By Bob Allen
A Cooperative Baptist Fellowship pastor and activist judge is asking the state of Arkansas to limit gun ownership in the same way it regulates motor vehicles, including licensure and required insurance.
Wendell Griffen, pastor of New Millennium Church in Little Rock and a judge in the Arkansas 6th Circuit Court, recently outlined his proposal in an article titled “Serious Gun Control” circulated to fellow Arkansans and on the Internet.
Griffen, a former judge on the Arkansas Court of Appeals and founding pastor of the three-year-old congregation dually aligned with the National Baptist Convention, USA, Inc., and the Atlanta-based CBF, said the tragic Dec. 14 massacre at Sandy Hook Elementary School in Newtown, Conn., was not an aberration. Except for the number and ages of the victims, he said, such gun-related violence is “sadly commonplace in the United States.”
Griffen called on lawmakers to introduce and support legislation during the upcoming session of the Arkansas General Assembly that constitutes “real gun control modeled on the current regulatory system in place for motor vehicles.”
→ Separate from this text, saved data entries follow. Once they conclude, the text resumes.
-- ===== src/Storage/Memory/Idempotence.antt =====
-- src/storage/memory.rs, `should_process`: what the record of operations lets through, how large
-- it grows, and what a client sees that sends an operation twice.
use stage.Prelude.{
  ℕ, ◌+◌, ◌≤◌, ◌≡◌, refl, ap, sym, ◌∙◌, subst, false, some, List, [], ◌∷◌, Str, ◌==◌, ==_refl,
  str_eq, ltb, Bool-cases, Option-cases, inl, inr, length, arith, if_cases,
}
use stage.DashMap.{DashMap}
use stage.Effects.{Result, ok, Wire, Action}
use stage.Effects.Spares.{Spares}
use stage.Site.{Site, partition_of, owners_of}
use stage.Storage.Protocol.{Format, Request, Response}
use stage.Storage.Memory.{
  Store, should_process, store_local, store_replica, once, put_with_op, put_to,
}
use stage.Storage.Memory.Frames.{put_to-Spares}

-- A put with its operation id, and the time at which it arrives.
pub record Put (K V : Type 0) : Type 0 where
  pub now : ℕ
  pub op_id : Str
  pub key : K
  pub value : V

module _ (dm : DashMap) {K V : Type 0} (f : Format K V) where
  open dm use {empty, get, insert, entries, get-insert, entries-empty, length-entries-insert}

  -- Whether an operation is on record.
  abbrev pub Seen : Store dm K V → Str → Type 0
  Seen s op_id = (t : ℕ) × (get s.processed_ops op_id ≡ some t)

  insert-le :
      (m : dm.Map Str ℕ) (op_id : Str) (t : ℕ)
      → length (entries (insert m op_id t)) ≤ length (entries m) + 1
  insert-le m op_id t = ground (arith, length-entries-insert m op_id t)

  -- A record that holds at most 10,001 operations still does after the next one.
  pub processed_ops_bound :
      (now : ℕ) (s : Store dm K V) (op_id : Str)
      → length (entries s.processed_ops) ≤ 10_001
      → length (entries (should_process dm f now s op_id).1.processed_ops) ≤ 10_001
  unfolding should_process
  processed_ops_bound now s op_id h = elim (Option-cases (get s.processed_ops op_id)) [
    | inr (t, e) ↦ rw (e, should_process) h
    | inl e ↦
        rw (e, should_process)
          (elim (Bool-cases (ltb 10_000 (length (entries s.processed_ops)))) [
            | inl full ↦ rw full (
                omega
                  (arith, insert-le empty op_id now, ap length (entries-empty {K = Str} {V = ℕ})))
            | inr room ↦
                let few : length (entries s.processed_ops) ≤ 10_000 = ground arith in
                rw room (omega (arith, few, insert-le s.processed_ops op_id now))
          ])
  ]

  pub should_process-Seen :
      (now : ℕ) (s : Store dm K V) (op_id : Str) → Seen (should_process dm f now s op_id).1 op_id
  unfolding should_process
  should_process-Seen now s op_id = elim (Option-cases (get s.processed_ops op_id)) [
    | inr (t, e) ↦ (t, rw (e, should_process) e)
    | inl e ↦ (now, rw (e, should_process) (rw (get-insert, ==_refl op_id)))
  ]

  -- An operation is on record, among at most `n`.
  abbrev Recorded : Store dm K V → Str → ℕ → Type 0
  Recorded s op_id n = Seen s op_id × length (entries s.processed_ops) ≤ n

  Recorded-of_ops :
      (s t : Store dm K V) (op_id : Str) (n : ℕ)
      → t.processed_ops ≡ s.processed_ops
      → Recorded s op_id n
      → Recorded t op_id n
  Recorded-of_ops s t op_id n same h =
      subst (λ (m : dm.Map Str ℕ). ((u : ℕ) × (get m op_id ≡ some u)) × length (entries m) ≤ n)
        (sym same) h

  should_process-Recorded :
      (now : ℕ) (s : Store dm K V) (next op_id : Str) (n : ℕ)
      → Recorded s op_id n
      → n ≤ 10_000
      → Recorded (should_process dm f now s next).1 op_id (n + 1)
  unfolding should_process
  should_process-Recorded now s next op_id n ((t, e), size) few =
      elim (Option-cases (get s.processed_ops next)) [
        | inr (u, seen) ↦ rw (seen, should_process) ((t, e), omega (arith, size))
        | inl new ↦
            let room : ltb 10_000 (length (entries s.processed_ops)) ≡ false =
              ground (arith, size, few) in
            rw (new, should_process)
              (rw room (
                elim (Bool-cases (next == op_id)) [
                  | inl same ↦ (now, rw (get-insert, same) refl)
                  | inr other ↦ (t, rw (get-insert, other) e)
                ],
                omega (arith, size, insert-le s.processed_ops next now),
              ))
      ]

  pub should_process_of_Seen :
      (now : ℕ) (s : Store dm K V) (op_id : Str)
      → Seen s op_id
      → should_process dm f now s op_id ≡ (false, s)
  unfolding should_process
  should_process_of_Seen now s op_id (t, e) = rw (e, should_process)

  pub store_replica-Seen :
      (now p : ℕ) (op_id : Str) (k : K) (v : V) (s : Store dm K V)
      → Seen (store_replica dm f now p op_id k v s) op_id
  unfolding store_replica store_local
  store_replica-Seen now p op_id k v s =
      if_cases (λ (t : Store dm K V). Seen t op_id) (should_process dm f now s op_id).0
        (λ _. should_process-Seen now s op_id) (λ _. should_process-Seen now s op_id)

  -- A replica that is sent twice is stored once: the second is ignored, whatever it carries.
  pub store_replica_twice :
      (now later p p' : ℕ) (op_id : Str) (k k' : K) (v v' : V) (s : Store dm K V)
      → store_replica dm f later p' op_id k' v' (store_replica dm f now p op_id k v s)
        ≡ store_replica dm f now p op_id k v s
  unfolding store_replica
  store_replica_twice now later p p' op_id k k' v v' s = rw (
      should_process_of_Seen later (store_replica dm f now p op_id k v s) op_id
        (store_replica-Seen now p op_id k v s))

  module _ (site : Site dm) (base : Str) (w : Wire Request Response) where
    once-Seen :
        (now : ℕ) (op_id : Str) (rest : Action (Store dm K V) Request (Unit {0}))
        → Spares (λ (s : Store dm K V). s.processed_ops) rest
        → (s : Store dm K V) (log : List Request)
        → Seen (once dm f site base w now op_id rest (s, log)).1.0 op_id
    unfolding once
    once-Seen now op_id rest h s log =
        let t = (should_process dm f now s op_id).1 in
        let (n, e) = should_process-Seen now s op_id in
        if_cases (λ (r : Result (Unit {0}) × (Store dm K V × List Request)). Seen r.1.0 op_id)
          (should_process dm f now s op_id).0 (λ _. (n, ap (λ m. get m op_id) (h.at t log) ∙ e))
          (λ _. (n, e))

    once_of_Seen :
        (now : ℕ) (op_id : Str) (rest : Action (Store dm K V) Request (Unit {0})) (s : Store dm K V)
        (log : List Request)
        → Seen s op_id
        → once dm f site base w now op_id rest (s, log) ≡ (ok tt, (s, log))
    unfolding once
    once_of_Seen now op_id rest s log seen = rw (should_process_of_Seen now s op_id seen)

    -- Puts one after the other, whatever comes of each.
    abbrev pub put_each : List (Put K V) → Store dm K V × List Request → Store dm K V × List Request
    put_each [] t = t
    put_each (x ∷ xs) t = put_each xs (put_with_op dm f site base w x.now x.key x.value x.op_id t).1

    put-Recorded :
        (x : Put K V) (t : Store dm K V × List Request) (op_id : Str) (n : ℕ)
        → Recorded t.0 op_id n
        → n ≤ 10_000
        → Recorded (put_with_op dm f site base w x.now x.key x.value x.op_id t).1.0 op_id (n + 1)
    unfolding put_with_op once
    put-Recorded x (s, log) op_id n h few =
        let kept = should_process-Recorded x.now s x.op_id op_id n h few in
        let p = partition_of dm site (f.to_string x.key) in
        let t = (should_process dm f x.now s x.op_id).1 in
        if_cases
          (λ (r : Result (Unit {0}) × (Store dm K V × List Request)). Recorded r.1.0 op_id (n + 1))
          (should_process dm f x.now s x.op_id).0
          (λ _.
            Recorded-of_ops t
              (put_to dm f site base w (owners_of dm site p) p x.op_id x.key x.value (t, log)).1.0
              op_id (n + 1)
              ((put_to-Spares dm f site base w (owners_of dm site p) p x.op_id x.key x.value).at t
                log)
              kept)
          (λ _. kept)

    put_each-Recorded :
        (xs : List (Put K V)) (t : Store dm K V × List Request) (op_id : Str) (n : ℕ)
        → Recorded t.0 op_id n
        → n + length xs ≤ 10_001
        → Seen (put_each xs t).0 op_id
    put_each-Recorded [] t op_id n h few = h.0
    put_each-Recorded (x ∷ xs) t op_id n h few =
        put_each-Recorded xs (put_with_op dm f site base w x.now x.key x.value x.op_id t).1 op_id
          (n + 1) (put-Recorded x t op_id n h (omega (arith, few))) (omega (arith, few))

    -- A put that is sent again with its operation id, after other puts and with any key and value,
    -- is answered with success, sends nothing and changes nothing, also if the first one failed, as
    -- long as the record of operations and the puts in between are together at most 10,001: after
    -- more of them the record is cleared.
    pub put_with_op_again :
        (now later : ℕ) (k k' : K) (v v' : V) (op_id : Str) (between : List (Put K V))
        (s : Store dm K V) (log : List Request)
        → (let first = (put_with_op dm f site base w now k v op_id (s, log)).1 in
            length (entries first.0.processed_ops) + length between ≤ 10_001)
        → (let t = put_each between (put_with_op dm f site base w now k v op_id (s, log)).1 in
            put_with_op dm f site base w later k' v' op_id t ≡ (ok tt, t))
    unfolding put_with_op
    put_with_op_again now later k k' v v' op_id between s log few =
        let p = partition_of dm site (f.to_string k) in
        let p' = partition_of dm site (f.to_string k') in
        let first = (put_with_op dm f site base w now k v op_id (s, log)).1 in
        let t = put_each between first in
        let seen =
          once-Seen now op_id (put_to dm f site base w (owners_of dm site p) p op_id k v)
            (put_to-Spares dm f site base w (owners_of dm site p) p op_id k v) s log in
        once_of_Seen later op_id (put_to dm f site base w (owners_of dm site p') p' op_id k' v') t.0
          t.1
          (put_each-Recorded between first op_id (length (entries first.0.processed_ops))
            (seen, omega arith) few)
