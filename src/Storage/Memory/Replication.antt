-- ===== src/Storage/Memory/Replication.antt =====
-- src/storage/memory.rs: what a successful replication means.
use stage.Prelude.{
  ℕ, ◌≡◌, refl, sym, subst, true, none, some, List, [], ◌∷◌, Str, str_eq, drop, All, Bool-cases,
  inl, inr,
}
use stage.DashMap.{DashMap}
use stage.Effects.{
  ok, node_not_found, unreadable, bad_status, Wire, ◌>>=◌, or_fail, send_with_retry, is_success,
}
use stage.Effects.Grows.{
  Continues, Grows, Grows-bind, Grows-pure, Grows-fail, Grows-or_fail, Grows-send, Grows-if,
}
use stage.Effects.Gives.{
  Gives, Gives-bind, Gives-or_fail, Gives-weaken, Gives-Continues, ok_of-Gives, SentIn,
  SentIn-Continues, Gives-send,
}
use stage.Membership.Types.{NodeId, Node}
use stage.Membership.Service.{get_member}
use stage.Site.{Site, owners_of}
use stage.Storage.Protocol.{Format, Request, replicate, Response}
use stage.Storage.Memory.Local.{should_process_fresh}
use stage.Storage.Memory.{
  Store, should_process, store_local, once, store_as_primary, post, expect_success,
  replicate_to_backup, replicate_to_all,
}

module _ (dm : DashMap) {K V : Type 0} (f : Format K V) (site : Site dm) (base : Str)
    (w : Wire Request Response) where
  -- The backup is a known member, and the log holds a replica that was sent to it and that it
  -- answered with a success.
  abbrev pub Confirmed : ℕ → Str → K → V → List Request → NodeId → Type 0
  Confirmed p op_id k v log backup =
      (node : Node) × (json : Str) × (r : Response) × (get_member dm site.membership backup
        ≡ some node)
      × (f.to_json v ≡ some json)
      × SentIn w (node.http_addr, base, replicate p op_id (f.to_string k) json) r log
      × (is_success r.status ≡ true)

  Confirmed-Continues :
      (p : ℕ) (op_id : Str) (k : K) (v : V) (log l : List Request) (backup : NodeId)
      → Confirmed p op_id k v log backup
      → Continues log l
      → Confirmed p op_id k v l backup
  Confirmed-Continues p op_id k v log l backup (node, json, r, known, written, answered, success)
        c =
      (
        node,
        json,
        r,
        known,
        written,
        SentIn-Continues w (node.http_addr, base, replicate p op_id (f.to_string k) json) r log l
            answered c,
        success,
      )

  expect-Success :
      (r : Response) (s : Store dm K V × List Request)
      → Gives (expect_success dm f site base w r s) (λ u t. (is_success r.status ≡ true) × (t ≡ s))
  expect-Success r s = elim (Bool-cases (is_success r.status)) [
    | inl e ↦ rw e (refl, refl)
    | inr e ↦ rw e tt
  ]

  replicate_to_backup-Confirmed :
      (backup : NodeId) (p : ℕ) (op_id : Str) (k : K) (v : V) (s : Store dm K V × List Request)
      → Gives
          (replicate_to_backup dm f site base w backup p op_id k v s)
          (λ u t. Confirmed p op_id k v t.1 backup)
  unfolding replicate_to_backup post
  replicate_to_backup-Confirmed backup p op_id k v s =
      let R =
        λ (u : Unit {0}) (t : Store dm K V × List Request). Confirmed p op_id k v t.1 backup in
      Gives-bind (or_fail (get_member dm site.membership backup) node_not_found)
        (λ node. (or_fail (f.to_json v) unreadable) >>= λ json.
          post dm f site base w node (replicate p op_id (f.to_string k) json))
        (λ node t. get_member dm site.membership backup ≡ some node) R s
        (Gives-or_fail (get_member dm site.membership backup) node_not_found s)
        λ node s known.
          Gives-bind (or_fail (f.to_json v) unreadable)
            (λ json. post dm f site base w node (replicate p op_id (f.to_string k) json))
            (λ json t. f.to_json v ≡ some json) R s (Gives-or_fail (f.to_json v) unreadable s)
            λ json s written.
              let q : Request = (node.http_addr, base, replicate p op_id (f.to_string k) json) in
              Gives-bind (send_with_retry w 3 q) (expect_success dm f site base w)
                (λ r t. SentIn w q r t.1) R s (Gives-send w 3 q s)
                λ r t answered.
                  Gives-weaken (λ u l. (is_success r.status ≡ true) × (l ≡ t)) R
                    (expect_success dm f site base w r t) (expect-Success r t)
                    λ u l (success, same). (
                      node,
                      json,
                      r,
                      known,
                      written,
                      subst (λ x. SentIn w q r x.1) (sym same) answered,
                      success,
                    )

  replicate_to_backup-Grows :
      (backup : NodeId) (p : ℕ) (op_id : Str) (k : K) (v : V)
      → Grows (replicate_to_backup dm f site base w backup p op_id k v)
  unfolding replicate_to_backup post
  replicate_to_backup-Grows backup p op_id k v =
      Grows-bind (Grows-or_fail (get_member dm site.membership backup) node_not_found) λ node.
        Grows-bind {A = Str} (Grows-or_fail (f.to_json v) unreadable) λ json.
          Grows-bind (Grows-send w 3 _)
            λ r. Grows-if (is_success r.status) (Grows-pure tt) (Grows-fail (bad_status r.status))

  replicate_to_all-Grows :
      (ids : List NodeId) (p : ℕ) (op_id : Str) (k : K) (v : V)
      → Grows (replicate_to_all dm f site base w ids p op_id k v)
  unfolding replicate_to_all
  replicate_to_all-Grows [] p op_id k v = Grows-pure tt
  replicate_to_all-Grows (b ∷ bs) p op_id k v =
      Grows-bind (replicate_to_backup-Grows b p op_id k v)
        λ _. replicate_to_all-Grows bs p op_id k v

  replicate_to_all-Confirmed :
      (ids : List NodeId) (p : ℕ) (op_id : Str) (k : K) (v : V) (s : Store dm K V × List Request)
      → Gives
          (replicate_to_all dm f site base w ids p op_id k v s)
          (λ u t. All (Confirmed p op_id k v t.1) ids)
  unfolding replicate_to_all
  replicate_to_all-Confirmed [] p op_id k v s = tt
  replicate_to_all-Confirmed (b ∷ bs) p op_id k v s =
      let R = λ (u : Unit {0}) (t : Store dm K V × List Request).
        All (Confirmed p op_id k v t.1) (b ∷ bs) in
      Gives-bind (replicate_to_backup dm f site base w b p op_id k v)
        (λ u. replicate_to_all dm f site base w bs p op_id k v) (λ u t. Confirmed p op_id k v t.1 b)
        R s (replicate_to_backup-Confirmed b p op_id k v s)
        λ u t c.
          Gives-Continues (λ u l. All (Confirmed p op_id k v l.1) bs) R t.1
            (replicate_to_all dm f site base w bs p op_id k v t)
            (replicate_to_all-Confirmed bs p op_id k v t)
            ((replicate_to_all-Grows bs p op_id k v).at t.0 t.1)
            λ u l rest further. (Confirmed-Continues p op_id k v t.1 l.1 b c further, rest)

  -- A write that a primary acknowledges, under an operation id that it had not seen, has been sent
  -- to every backup of the partition and answered with success by it, each of them a known member.
  pub store_as_primary-Confirmed :
      (now p : ℕ) (op_id : Str) (k : K) (v : V) (s : Store dm K V) (log : List Request)
      → dm.get s.processed_ops op_id ≡ none
      → (store_as_primary dm f site base w now p op_id k v (s, log)).0 ≡ ok tt
      → All
          (Confirmed p op_id k v (store_as_primary dm f site base w now p op_id k v (s, log)).1.1)
          (drop 1 (owners_of dm site p))
  unfolding store_as_primary once
  store_as_primary-Confirmed now p op_id k v s log fresh h =
      let (accepted, _) = should_process_fresh dm f now s op_id fresh in
      let t = store_local dm f (should_process dm f now s op_id).1 p k v in
      let backups = drop 1 (owners_of dm site p) in
      rw accepted (
        ok_of-Gives (λ u l. All (Confirmed p op_id k v l.1) backups) tt
          (replicate_to_all dm f site base w backups p op_id k v (t, log))
          (replicate_to_all-Confirmed backups p op_id k v (t, log)) (rw accepted at h))
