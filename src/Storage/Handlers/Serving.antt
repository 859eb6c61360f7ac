-- ===== src/Storage/Handlers/Serving.antt =====
-- src/storage/handlers.rs and src/storage/memory.rs together: what a node gets from another.
use stage.Prelude.{
  ℕ, ◌≡◌, refl, ◌∙◌, Bool, true, false, none, some, List, [], ◌∷◌, ◌++◌, Str, ◌==◌, ◌&&◌, nat_eq,
  str_eq, keep, if◌then◌else◌, Option-cases, inl, inr,
}
use stage.DashMap.{DashMap}
use stage.Effects.{ok, Wire, ◌>>=◌, pure}
use stage.Effects.Retry.{send_answered}
use stage.Membership.Types.{NodeId, Node}
use stage.Membership.Service.{get_member}
use stage.Site.{Site}
use stage.Storage.Protocol.{Format, Request, Response, get_internal, partition_dump}
use stage.Storage.Memory.{
  Store, should_process, store_replica, dump_partition, lookup, get_local, read_entries, read_value,
  fetch_remote, fetch_partition,
}
use stage.Storage.Memory.Local.{should_process_fresh, lookup-store_local}
use stage.Storage.Handlers.{
  dump_entries, parse_entry, handle_replicate, handle_partition_dump, handle_get_internal,
  value_reply, get_answer, dump_answer,
}

-- `ToString` and `FromStr` of the keys, and `serde_json` of the values, read what they write.
pub record RoundTrips {K V : Type 0} (f : Format K V) : Type 0 where
  pub parse-to_string : (k : K) → f.parse (f.to_string k) ≡ some k
  pub from_json-to_json : (v : V) (json : Str) → f.to_json v ≡ some json → f.from_json json ≡ some v

-- Whether a value can be serialised.
abbrev pub is_written : {K V : Type 0} → Format K V → V → Bool
is_written f v = elim (f.to_json v) [ none ↦ false | some _ ↦ true ]

module _ (dm : DashMap) {K V : Type 0} (f : Format K V) (rt : RoundTrips f) where
  pub store_replica_fresh :
      (now p : ℕ) (op_id : Str) (k : K) (v : V) (s : Store dm K V) (p' : ℕ) (j : K)
      → dm.get s.processed_ops op_id ≡ none
      → lookup dm f (store_replica dm f now p op_id k v s) p' j
        ≡ (if (p == p') && f.key_eq.same k j then some v else lookup dm f s p' j)
  unfolding store_replica lookup
  store_replica_fresh now p op_id k v s p' j fresh =
      let (accepted, same_data) = should_process_fresh dm f now s op_id fresh in
      rw accepted (
        lookup-store_local dm f (should_process dm f now s op_id).1 p k v p' j
        ∙ rw (same_data, lookup))

  -- A replica that is sent by `replicate_to_backup` and not yet known is accepted, and then found
  -- under its key and partition; nothing else changes.
  pub handle_replicate_lem :
      (now p : ℕ) (op_id : Str) (k : K) (v : V) (json : Str) (s : Store dm K V) (p' : ℕ) (j : K)
      → f.to_json v ≡ some json
      → dm.get s.processed_ops op_id ≡ none
      → ((handle_replicate dm f now p op_id (f.to_string k) json s).0 ≡ (200, true))
        × (lookup dm f (handle_replicate dm f now p op_id (f.to_string k) json s).1 p' j
            ≡ (if (p == p') && f.key_eq.same k j then some v else lookup dm f s p' j))
  unfolding handle_replicate parse_entry store_replica should_process
  handle_replicate_lem now p op_id k v json s p' j written fresh =
      rw (rt.parse-to_string k, handle_replicate)
        (rw (rt.from_json-to_json v json written, handle_replicate)
          (refl, store_replica_fresh now p op_id k v s p' j fresh))

  module _ (site : Site dm) (base : Str) (w : Wire Request Response) where
    -- The entries of a dump are read back, less those that could not be written.
    pub read_entries-dump_entries :
        (l : List (K × V)) (s : Store dm K V × List Request)
        → read_entries dm f site base w (dump_entries f l) s
          ≡ (ok (keep (λ x. is_written f x.1) l), s)
    unfolding read_entries dump_entries
    read_entries-dump_entries [] s = refl
    read_entries-dump_entries ((k, v) ∷ l) s = elim (Option-cases (f.to_json v)) [
      | inl e ↦ rw (e, dump_entries) (rw (e, is_written) (read_entries-dump_entries l s))
      | inr (json, e) ↦
          rw (e, dump_entries)
            (rw (rt.parse-to_string k) (
              rw (rt.from_json-to_json v json e) (
                rw (e, is_written)
                  (rw (read_entries-dump_entries l s, ◌>>=◌)
                    (rw (read_entries-dump_entries l s, pure))))))
    ]

    -- A node that asks `owner` for a key, and whose first request reaches that owner with the
    -- shard `remote`, gets what the shard has for the key, if what it has can be serialised.
    pub fetch_remote-handle_get_internal :
        (owner : NodeId) (node : Node) (k : K) (remote s : Store dm K V) (log : List Request)
        → get_member dm site.membership owner ≡ some node
        → w.answer log (node.http_addr, base, get_internal (f.to_string k))
          ≡ some (get_answer (handle_get_internal dm f site base w remote (f.to_string k)))
        → ((v : V)
            → get_local dm f site base w remote k ≡ some v
            → (json : Str) × (f.to_json v ≡ some json))
        → fetch_remote dm f site base w owner k (s, log) ≡ (
          ok (get_local dm f site base w remote k),
          (s, log ++ (node.http_addr, base, get_internal (f.to_string k)) ∷ []),
        )
    unfolding fetch_remote handle_get_internal value_reply read_value
    fetch_remote-handle_get_internal owner node k remote s log known reached written =
        let reply = get_answer (handle_get_internal dm f site base w remote (f.to_string k)) in
        let q : Request = (node.http_addr, base, get_internal (f.to_string k)) in
        let sent = send_answered w 2 q s log reply reached in
        let answer : handle_get_internal dm f site base w remote (f.to_string k)
            ≡ value_reply dm f site base w (get_local dm f site base w remote k) =
          rw (rt.parse-to_string k, handle_get_internal) in
        rw (known, fetch_remote)
          (rw (sent, ◌>>=◌)
            (rw sent (
              rw answer (elim (Option-cases (get_local dm f site base w remote k)) [
                | inl e ↦ rw (e, value_reply)
                | inr (v, e) ↦
                    let (json, j) = written v e in
                    rw (e, value_reply)
                      (rw (j, value_reply) (rw (rt.from_json-to_json v json j, read_value)))
              ]))))

    -- A node that asks `owner` for a partition, and whose first request reaches that owner with the
    -- shard `remote`, gets the entries of the shard's partition, less those that cannot be
    -- serialised.
    pub fetch_partition-handle_partition_dump :
        (owner : NodeId) (node : Node) (p : ℕ) (remote s : Store dm K V) (log : List Request)
        → get_member dm site.membership owner ≡ some node
        → w.answer log (node.http_addr, base, partition_dump p)
          ≡ some (dump_answer (handle_partition_dump dm f remote p))
        → fetch_partition dm f site base w owner p (s, log) ≡ (
          ok (keep (λ x. is_written f x.1) (dump_partition dm f remote p)),
          (s, log ++ (node.http_addr, base, partition_dump p) ∷ []),
        )
    unfolding fetch_partition handle_partition_dump
    fetch_partition-handle_partition_dump owner node p remote s log known reached =
        let reply = dump_answer (handle_partition_dump dm f remote p) in
        let sent = send_answered w 2 (node.http_addr, base, partition_dump p) s log reply reached in
        rw (known, fetch_partition)
          (rw (sent, ◌>>=◌)
            (rw sent (
              read_entries-dump_entries (dump_partition dm f remote p)
                (s, log ++ (node.http_addr, base, partition_dump p) ∷ []))))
That would include requiring that all firearms be registered with state authorities who must share registration data with the federal government. “We already have such a registration requirement for motor vehicles,” he said. “We need to impose a similar requirement on firearms.”
Griffen said the state should also require licensing and thorough evaluation before people can own firearms, strengthen penalties for violating the law as a gun owner, ban private ownership of assault rifles and high-capacity magazines, impose higher insurance rates on gun owners and require liability insurance for every gun.
Griffen said such measures won’t eliminate gun violence any more than traffic laws can eliminate highway fatalities and injuries caused by reckless, inattentive, negligent or incompetent driving. “However, these measures can go a long way toward reducing gun violence and protecting society from the proliferation of barely regulated firearms,” he said.
Griffen said it is time for religious leaders to speak out on the problem of death and injury associated with firearms. “We’ve been timid far too long,” he said. “It’s time to stand up to the forces of intolerance, fear, hate, greed and the idolatry of violence.”
The first African-American partner in a major Arkansas law firm before becoming a judge, Griffen has long been known for advocacy of social-justice issues such as prison reform. He was a featured speaker at the New Baptist Covenant II simulcast from Atlanta in 2011 and at last year’s [Baptist] Conference on Sexuality and Covenant co-sponsored by the Cooperative Baptist Fellowship and Mercer University.
He is a member of the Cooperative Baptist Fellowship of Arkansas Coordinating Council and was appointed last year to a nine-member search committee to find a replacement for CBF national Executive Coordinator Daniel Vestal, who retired last summer.